A team of researchers from Japan conducted a cross-sectional survey to examine the effects of job resources on job engagement and WFPS in home-visiting nursing staff. The survey included 15 male and 152 female participants from 108 home-visit nursing stations in Fukuoka Prefecture, Japan. Their answers were scored and analyzed. For most of the professions, job resources were found to facilitate work-life balance by improving work engagement and WFPS. These job resources included supervisor support, co-worker support, and job control. While job resources did not directly affect WFPS, they did play a significant role in improving both work engagement and WFPS. Supervisor support was a key factor that improved work-life balance and reduced turnover rates among home-visiting nurses.

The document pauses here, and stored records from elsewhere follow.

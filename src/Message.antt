-- ===== src/Message.antt =====
-- crates/core/src/message.rs: messages in frames, each behind its length in four bytes. The crate
-- `bincode` is a parameter. A reader is the bytes that will arrive before the end of the stream,
-- and is returned without those read.
pub mod Frames
use gamenet.Base.{
  ℕ, zero, suc, ◌+◌, ◌*◌, ◌/◌, ◌%◌, ◌^◌, ◌≡◌, Option, none, some, List, [], ◌∷◌, ◌++◌, ltb,
  if◌then◌else◌, length, Result, ok, err, ◌>>=◌,
}
use gamenet.Errors.{Error, message_too_large, unexpected_eof}
use gamenet.Protocol.{ControlMessage}

abbrev pub Bytes : Type 0
Bytes = List ℕ

abbrev pub max_control_msg_bytes : ℕ
max_control_msg_bytes = 64 * 1024

-- What is called of `bincode`.
pub record Codec : Type 0 where
  pub serialize : ControlMessage → Result Error Bytes
  pub deserialize : Bytes → Result Error ControlMessage

-- `u32::to_be_bytes`.
unfoldable pub to_be_bytes : ℕ → Bytes
to_be_bytes n = n / 16777216 % 256 ∷ n / 65536 % 256 ∷ n / 256 % 256 ∷ n % 256 ∷ []

-- `u32::from_be_bytes`.
unfoldable pub from_be_bytes : ℕ → ℕ → ℕ → ℕ → ℕ
from_be_bytes a b c d = a * 16777216 + b * 65536 + c * 256 + d

-- The bytes written; `as u32` keeps the low 32 bits of the length.
unfoldable pub send_msg : Codec → ControlMessage → Result Error Bytes
send_msg codec msg = do
  payload ← codec.serialize msg
  ok (to_be_bytes (length payload % 2 ^ 32) ++ payload)

-- `read_exact`.
unfoldable pub read_exact : ℕ → Bytes → Result Error (Bytes × Bytes)
read_exact zero reader = ok ([], reader)
read_exact (suc n) [] = err unexpected_eof
read_exact (suc n) (b ∷ reader) = do (read, rest) ← read_exact n reader; ok (b ∷ read, rest)

-- The four bytes of a length, of which the first has been read.
unfoldable pub frame_length : ℕ → Bytes → Result Error ℕ
frame_length a (b ∷ c ∷ d ∷ []) = ok (from_be_bytes a b c d)
frame_length a _ = err unexpected_eof

unfoldable pub recv_payload : Codec → ℕ → Bytes → Result Error (Option ControlMessage × Bytes)
recv_payload codec len reader =
    if ltb max_control_msg_bytes len then err (message_too_large len) else do
      (payload, rest) ← read_exact len reader
      msg ← codec.deserialize payload
      ok (some msg, rest)

-- The end of the stream is clean only between frames.
unfoldable pub recv_msg : Codec → Bytes → Result Error (Option ControlMessage × Bytes)
recv_msg codec [] = ok (none, [])
recv_msg codec (a ∷ reader) = do
  (rest_of_length, reader') ← read_exact 3 reader
  len ← frame_length a rest_of_length
  recv_payload codec len reader'
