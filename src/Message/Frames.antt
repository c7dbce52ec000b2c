-- ===== src/Message/Frames.antt =====
-- What is sent is received, frame by frame.
use gamenet.Base.{
  ℕ, zero, suc, ◌+◌, ◌/◌, ◌%◌, ◌^◌, ◌≤◌, ◌<◌, ◌≡◌, refl, ap, ◌∙◌, true, false, some, [], ◌∷◌, ◌++◌,
  arith, ltb, length, take, ok, err,
}
use gamenet.Errors.{message_too_large, unexpected_eof}
use gamenet.Protocol.{ControlMessage}
use gamenet.Message.{
  Bytes, max_control_msg_bytes, Codec, to_be_bytes, from_be_bytes, send_msg, read_exact,
  frame_length, recv_payload, recv_msg,
}

from_to_be_bytes :
    (n : ℕ)
    → n < 2 ^ 32
    → from_be_bytes (n / 16777216 % 256) (n / 65536 % 256) (n / 256 % 256) (n % 256) ≡ n
unfolding from_be_bytes
from_to_be_bytes n h = omega arith

read_exact-append : (xs ys : Bytes) → read_exact (length xs) (xs ++ ys) ≡ ok (xs, ys)
unfolding read_exact
read_exact-append [] ys = refl
read_exact-append (x ∷ xs) ys = rw (read_exact-append xs ys)

read_exact_short : (n : ℕ) (xs : Bytes) → length xs < n → read_exact n xs ≡ err unexpected_eof
unfolding read_exact
read_exact_short zero xs h = absurd (omega arith)
read_exact_short (suc n) [] h = refl
read_exact_short (suc n) (x ∷ xs) h = rw (read_exact_short n xs (omega arith))

-- A frame of a length in 32 bits.
recv_frame :
    (codec : Codec) (n : ℕ) (reader : Bytes)
    → n < 2 ^ 32
    → recv_msg codec (to_be_bytes n ++ reader) ≡ recv_payload codec n reader
unfolding recv_msg to_be_bytes read_exact frame_length
recv_frame codec n reader h = rw (from_to_be_bytes n h)

-- The codec takes the message to a payload that fits a frame, and back.
pub record Carries (codec : Codec) (msg : ControlMessage) (payload : Bytes) : Type 0 where
  pub there : codec.serialize msg ≡ ok payload
  pub back : codec.deserialize payload ≡ ok msg
  pub fits : length payload ≤ max_control_msg_bytes

send_msg-frame :
    (codec : Codec) (msg : ControlMessage) (payload : Bytes)
    → codec.serialize msg ≡ ok payload
    → length payload < 2 ^ 32
    → send_msg codec msg ≡ ok (to_be_bytes (length payload) ++ payload)
unfolding send_msg
send_msg-frame codec msg payload e h =
    let low : length payload % 2 ^ 32 ≡ length payload = omega arith in rw (e, low)

to_be_bytes-append :
    (n : ℕ) (xs ys : Bytes) → (to_be_bytes n ++ xs) ++ ys ≡ to_be_bytes n ++ (xs ++ ys)
unfolding to_be_bytes
to_be_bytes-append n xs ys = refl

-- Whatever the stream goes on with, a message that is sent is the next one received, and the rest
-- of the stream is left, if the codec carries the message in a payload of at most 64 KiB.
pub recv_msg-send_msg :
    (codec : Codec) (msg : ControlMessage) (payload bytes rest : Bytes)
    → Carries codec msg payload
    → send_msg codec msg ≡ ok bytes
    → recv_msg codec (bytes ++ rest) ≡ ok (some msg, rest)
unfolding recv_payload
recv_msg-send_msg codec msg payload bytes rest c h =
    let framed = send_msg-frame codec msg payload c.there (omega (arith, c.fits)) in
    let same : bytes ≡ to_be_bytes (length payload) ++ payload = ground (arith, framed) in
    let small : ltb max_control_msg_bytes (length payload) ≡ false = ground (arith, c.fits) in
    rw (same, to_be_bytes-append (length payload) payload rest)
      (recv_frame codec (length payload) (payload ++ rest) (omega (arith, c.fits))
        ∙ rw (small, read_exact-append payload rest, c.back))

take_be_bytes :
    (codec : Codec) (k n : ℕ) (xs : Bytes)
    → k < 4
    → 0 < k
    → recv_msg codec (take k (to_be_bytes n ++ xs)) ≡ err unexpected_eof
unfolding to_be_bytes recv_msg read_exact
take_be_bytes codec zero n xs h p = absurd (omega arith)
take_be_bytes codec (suc zero) n xs h p = refl
take_be_bytes codec (suc (suc zero)) n xs h p = refl
take_be_bytes codec (suc (suc (suc zero))) n xs h p = refl
take_be_bytes codec (suc (suc (suc (suc k)))) n xs h p = absurd (omega arith)

take-to_be_bytes :
    (k n : ℕ) (xs : Bytes)
    → take (suc (suc (suc (suc k)))) (to_be_bytes n ++ xs) ≡ to_be_bytes n ++ take k xs
unfolding to_be_bytes
take-to_be_bytes k n xs = refl

length-take-le : (k : ℕ) (xs : Bytes) → length (take k xs) ≤ k
length-take-le zero xs = omega arith
length-take-le (suc k) [] = omega arith
length-take-le (suc k) (x ∷ xs) = omega (arith, length-take-le k xs)

length-to_be_bytes : (n : ℕ) (xs : Bytes) → length (to_be_bytes n ++ xs) ≡ length xs + 4
unfolding to_be_bytes
length-to_be_bytes n xs = omega arith

-- When the codec carries a message in a payload of at most 64 KiB, and its frame breaks off after
-- at least one byte, in its length or in its payload, to receive it is the error of an early end,
-- and never a clean end of the stream.
pub recv_msg-truncated :
    (codec : Codec) (msg : ControlMessage) (payload bytes : Bytes) (k : ℕ)
    → Carries codec msg payload
    → send_msg codec msg ≡ ok bytes
    → 0 < k
    → k < length bytes
    → recv_msg codec (take k bytes) ≡ err unexpected_eof
unfolding recv_payload
recv_msg-truncated codec msg payload bytes k c h pos short =
    let framed = send_msg-frame codec msg payload c.there (omega (arith, c.fits)) in
    let same : bytes ≡ to_be_bytes (length payload) ++ payload = ground (arith, framed) in
    rw same (go k pos (omega (arith, ap length same, length-to_be_bytes (length payload) payload)))
  where
    small : ltb max_control_msg_bytes (length payload) ≡ false
    small = ground (arith, c.fits)

    go :
        (k : ℕ)
        → 0 < k
        → k < length payload + 4
        → recv_msg codec (take k (to_be_bytes (length payload) ++ payload)) ≡ err unexpected_eof
    go (suc (suc (suc (suc k)))) p q = rw (take-to_be_bytes k (length payload) payload) (
        recv_frame codec (length payload) (take k payload) (omega (arith, c.fits))
        ∙ rw (
          small,
          read_exact_short (length payload) (take k payload)
              (omega (arith, length-take-le k payload)),
        ))
    go (suc (suc (suc zero))) p q = take_be_bytes codec 3 (length payload) payload (omega arith) p
    go (suc (suc zero)) p q = take_be_bytes codec 2 (length payload) payload (omega arith) p
    go (suc zero) p q = take_be_bytes codec 1 (length payload) payload (omega arith) p
    go zero p q = absurd (omega arith)

-- A sender does not check the size: a payload of more than 64 KiB, and less than 4 GiB, is sent,
-- and the receiver refuses it by its length.
pub recv_msg-too_large :
    (codec : Codec) (msg : ControlMessage) (payload rest : Bytes)
    → codec.serialize msg ≡ ok payload
    → max_control_msg_bytes < length payload
    → length payload < 2 ^ 32
    → (bytes : Bytes) × (send_msg codec msg ≡ ok bytes)
      × (recv_msg codec (bytes ++ rest) ≡ err (message_too_large (length payload)))
unfolding recv_payload
recv_msg-too_large codec msg payload rest e large word =
    let big : ltb max_control_msg_bytes (length payload) ≡ true = ground arith in
    (
      to_be_bytes (length payload) ++ payload,
      send_msg-frame codec msg payload e word,
      rw (to_be_bytes-append (length payload) payload rest)
          (recv_frame codec (length payload) (payload ++ rest) word ∙ rw big),
    )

Work engagement, which denotes a healthy mental attitude toward work, acts as a bridge between job resources and WFPS. Increased work engagement can result in higher WFPS, which in turn is driven by positive job satisfaction. It is imperative that job resources be supplemented with components like respect and politeness at the workplace, as well as job customization or job crafting opportunities. The findings of this study will be extremely useful in controlling high turnover rates and ensuring better employee satisfaction for home-visiting nurses and other similar roles that require an active balance between work and family.
In conclusion, work-life balance in home-visiting nurses is largely determined by their ability to fulfill their child-care duties and their positive work engagement, and can be positively influenced by support from their seniors or supervisors.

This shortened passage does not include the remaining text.